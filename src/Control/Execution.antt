-- ===== src/Control/Execution.antt =====
-- The loop of `exec` ends, and what it leaves of the connection.
use sismatic.Common.{
  ℕ, suc, ◌-◌, ◌≤◌, ◌≡◌, refl, sym, ap, ◌∙◌, subst, Bool, true, false, Option, none, some, List, [],
  ◌∷◌, Result, ok, err, err_injective, arith, length, inl, inr, Bool-cases, Option-cases,
  Result-cases, ltb, if◌then◌else◌,
}
use sismatic.Devices.AutoDisabled.{is_some}
use sismatic.Fleet.Config.{DeviceConfig}
use sismatic.Protocol.Values.{Value}
use sismatic.Protocol.Replies.{Instruction}
use sismatic.Control.Exchange.{Controller, run}
use sismatic.Control.Rounds.{last_round, executed, exec_loop_lem}
use sismatic.Control.Device.{
  DeviceError, Dial, Link, Outside, Done, is_refusal, exchanged, goes_round, dial_device,
  dial_through, connect_device, exec_loop, Dialed, opened, refused, stalled,
}

module _ (config : DeviceConfig) (clock : ℕ → ℕ) where
  -- What holds of every dial: the connection is not touched, one dial at most is used, and an error
  -- is no refusal.
  abbrev pub Dials : Link → Outside → Result Controller DeviceError × Link × Outside → Type 0
  Dials link out (result, link', out') =
      (link'.conn ≡ link.conn)
      × (length out.dials ≤ suc (length out'.dials))
      × ((e : DeviceError) → result ≡ err e → is_refusal e ≡ false)

  err_is :
      {e d : DeviceError}
      → is_refusal d ≡ false
      → ◌≡◌ {A = Result Controller DeviceError} (err d) (err e)
      → is_refusal e ≡ false
  err_is h same = ap is_refusal (sym (err_injective same)) ∙ h

  dial_through-Dials_in :
      (link : Link) (dials : List Dialed) (n : ℕ)
      → let out : Outside = record { dials = dials; readings = n } in
        Dials link out (dial_through config clock link out)
  unfolding dial_through connect_device is_refusal
  dial_through-Dials_in link [] n = (refl, omega arith, λ e h. err_is refl h)
  dial_through-Dials_in link (opened t ∷ dials) n = (refl, omega arith, λ e h. absurd (cc))
  dial_through-Dials_in link (refused d ∷ dials) n = (refl, omega arith, λ e h. err_is refl h)
  dial_through-Dials_in link (stalled ∷ dials) n = (refl, omega arith, λ e h. err_is refl h)

  pub dial_device-Dials :
      (dial : Dial) (link : Link) (out : Outside)
      → Dials link out (dial_device config clock dial link out)
  unfolding dial_device is_refusal
  dial_device-Dials Dial.always link out = dial_through-Dials_in link out.dials out.readings
  dial_device-Dials Dial.when_warm link out = by_gate link.cold_until
    where
      counted : Outside
      counted = record out { readings = suc out.readings }

      by_time :
          (until : ℕ) (b : Bool)
          → Dials link out (
              if b
              then (err (DeviceError.cold (until - clock out.readings)), link, counted)
              else dial_through config clock link counted)
      by_time until true = (refl, omega arith, λ e h. err_is refl h)
      by_time until false = dial_through-Dials_in link out.dials (suc out.readings)

      by_gate :
          (gate : Option ℕ)
          → Dials link out (elim gate [
            | none ↦ dial_through config clock link out
            | some until ↦
                if ltb (clock out.readings) until
                then (err (DeviceError.cold (until - clock out.readings)), link, counted)
                else dial_through config clock link counted
          ])
      by_gate none = dial_through-Dials_in link out.dials out.readings
      by_gate (some until) = by_time until (ltb (clock out.readings) until)

  -- `true` of an answer and of a refusal.
  abbrev pub has_answered : Result Value DeviceError → Bool
  has_answered (ok _) = true
  has_answered (err e) = is_refusal e

  exchanged-has_answered :
      (i : Instruction) (c : Controller) (link : Link) (out : Outside)
      → is_some (exchanged config clock i c link out).1.conn
        ≡ has_answered (exchanged config clock i c link out).0
  exchanged-has_answered i c link out = elim (Result-cases (run i c).0) [
    | inl (v, e) ↦ ground (arith, e)
    | inr (d, e) ↦ elim (Bool-cases (is_refusal (DeviceError.command d))) [
      | inl refuses ↦ ground (arith, e, refuses)
      | inr other ↦ ground (arith, e, other)
    ]
  ]

  exchanged_outside :
      (i : Instruction) (c : Controller) (link : Link) (out : Outside)
      → (exchanged config clock i c link out).2 ≡ out
  exchanged_outside i c link out = elim (Result-cases (run i c).0) [
    | inl (v, e) ↦ ground (arith, e)
    | inr (d, e) ↦ ground (arith, e)
  ]

  -- What holds of every command: it leaves a connection just where the device has answered or has
  -- refused, and it uses one dial at most.
  abbrev pub Executed : Outside → Done → Type 0
  Executed out (result, link', out') =
      (is_some link'.conn ≡ has_answered result) × (length out.dials ≤ suc (length out'.dials))

  exchanged-Executed :
      (i : Instruction) (c : Controller) (link : Link) (before out : Outside)
      → length before.dials ≤ suc (length out.dials)
      → Executed before (exchanged config clock i c link out)
  exchanged-Executed i c link before out le = (
    exchanged-has_answered i c link out,
    subst (λ o. length before.dials ≤ suc (length o.dials)) (sym (exchanged_outside i c link out))
        le,
  )

  last_round-Executed :
      (i : Instruction) (dial : Dial) (link : Link) (out : Outside)
      → Executed out (last_round config clock i dial link out)
  last_round-Executed i dial link out = elim (Option-cases link.conn) [
    | inr (c, e) ↦
        subst (Executed out) (sym (over_cached c e))
          (exchanged-Executed i c link out out (omega arith))
    | inl e ↦ elim (Result-cases (dial_device config clock dial link out).0) [
      | inl (c, f) ↦
          subst (Executed out) (sym (over_fresh c e f))
            (exchanged-Executed i c dialed.1 out dialed.2 held.1)
      | inr (d, f) ↦
          subst (Executed out) (sym (undialed d e f))
            (ap is_some (held.0 ∙ e) ∙ sym (held.2 d f), held.1)
    ]
  ]
    where
      dialed : Result Controller DeviceError × Link × Outside
      dialed = dial_device config clock dial link out

      held : Dials link out dialed
      held = dial_device-Dials dial link out

      over_cached :
          (c : Controller)
          → link.conn ≡ some c
          → last_round config clock i dial link out ≡ exchanged config clock i c link out
      over_cached c e = ground (arith, e)

      over_fresh :
          (c : Controller)
          → link.conn ≡ none
          → dialed.0 ≡ ok c
          → last_round config clock i dial link out ≡ exchanged config clock i c dialed.1 dialed.2
      over_fresh c e f = ground (arith, e, f)

      undialed :
          (d : DeviceError)
          → link.conn ≡ none
          → dialed.0 ≡ err d
          → last_round config clock i dial link out ≡ (err d, dialed.1, dialed.2)
      undialed d e f = ground (arith, e, f)

  executed-Executed :
      (i : Instruction) (dial : Dial) (link : Link) (out : Outside)
      → Executed out (executed config clock i dial link out)
  executed-Executed i dial link out = elim (Option-cases link.conn) [
    | inl e ↦ subst (Executed out) (sym (uncached e)) (last_round-Executed i dial link out)
    | inr (c, e) ↦ elim (Bool-cases (goes_round config clock false (first c))) [
      | inr ends ↦
          subst (Executed out) (sym (once c e ends))
            (exchanged-Executed i c link out out (omega arith))
      | inl again ↦ subst (Executed out) (sym (twice c e again)) (
          subst (λ o. Executed o (last_round config clock i dial (first c).1 (first c).2))
            (exchanged_outside i c link out) (last_round-Executed i dial (first c).1 (first c).2))
    ]
  ]
    where
      first : Controller → Done
      first c = exchanged config clock i c link out

      uncached :
          link.conn ≡ none
          → executed config clock i dial link out ≡ last_round config clock i dial link out
      uncached e = ground (arith, e)

      once :
          (c : Controller)
          → link.conn ≡ some c
          → goes_round config clock false (first c) ≡ false
          → executed config clock i dial link out ≡ first c
      once c e ends = ground (arith, e, ends)

      twice :
          (c : Controller)
          → link.conn ≡ some c
          → goes_round config clock false (first c) ≡ true
          → executed config clock i dial link out
            ≡ last_round config clock i dial (first c).1 (first c).2
      twice c e again = ground (arith, e, again)

  -- A command ends: the loop of `exec` has a result after two rounds at most, which more fuel does not
  -- change. It leaves a connection just where the device has answered or has refused the command, none
  -- after any other error, and it uses one dial at most, also where it went round again.
  pub exec_loop-ends :
      (i : Instruction) (dial : Dial) (link : Link) (out : Outside)
      → (r : Done) × ((fuel : ℕ)
          → exec_loop config clock (suc (suc fuel)) i dial false link out ≡ some r)
        × Executed out r
  exec_loop-ends i dial link out = (
    executed config clock i dial link out,
    λ fuel. exec_loop_lem config clock fuel i dial link out,
    executed-Executed i dial link out,
  )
============
- REQUIRED WORK:
Return exactly the lines of the data, and only those, from the line with "out ≡ last_round" through the last line, inclusive.

- RESULT FOR THIS EXERCISE:
          → executed config clock i dial link out ≡ last_round config clock i dial link out
      uncached e = ground (arith, e)

      once :
          (c : Controller)
          → link.conn ≡ some c
          → goes_round config clock false (first c) ≡ false
          → executed config clock i dial link out ≡ first c
      once c e ends = ground (arith, e, ends)

      twice :
          (c : Controller)
          → link.conn ≡ some c
          → goes_round config clock false (first c) ≡ true
          → executed config clock i dial link out
            ≡ last_round config clock i dial (first c).1 (first c).2
      twice c e again = ground (arith, e, again)

  -- A command ends: the loop of `exec` has a result after two rounds at most, which more fuel does not
  -- change. It leaves a connection just where the device has answered or has refused the command, none
  -- after any other error, and it uses one dial at most, also where it went round again.
  pub exec_loop-ends :
      (i : Instruction) (dial : Dial) (link : Link) (out : Outside)
      → (r : Done) × ((fuel : ℕ)
          → exec_loop config clock (suc (suc fuel)) i dial false link out ≡ some r)
        × Executed out r
  exec_loop-ends i dial link out = (
    executed config clock i dial link out,
    λ fuel. exec_loop_lem config clock fuel i dial link out,
    executed-Executed i dial link out,
  )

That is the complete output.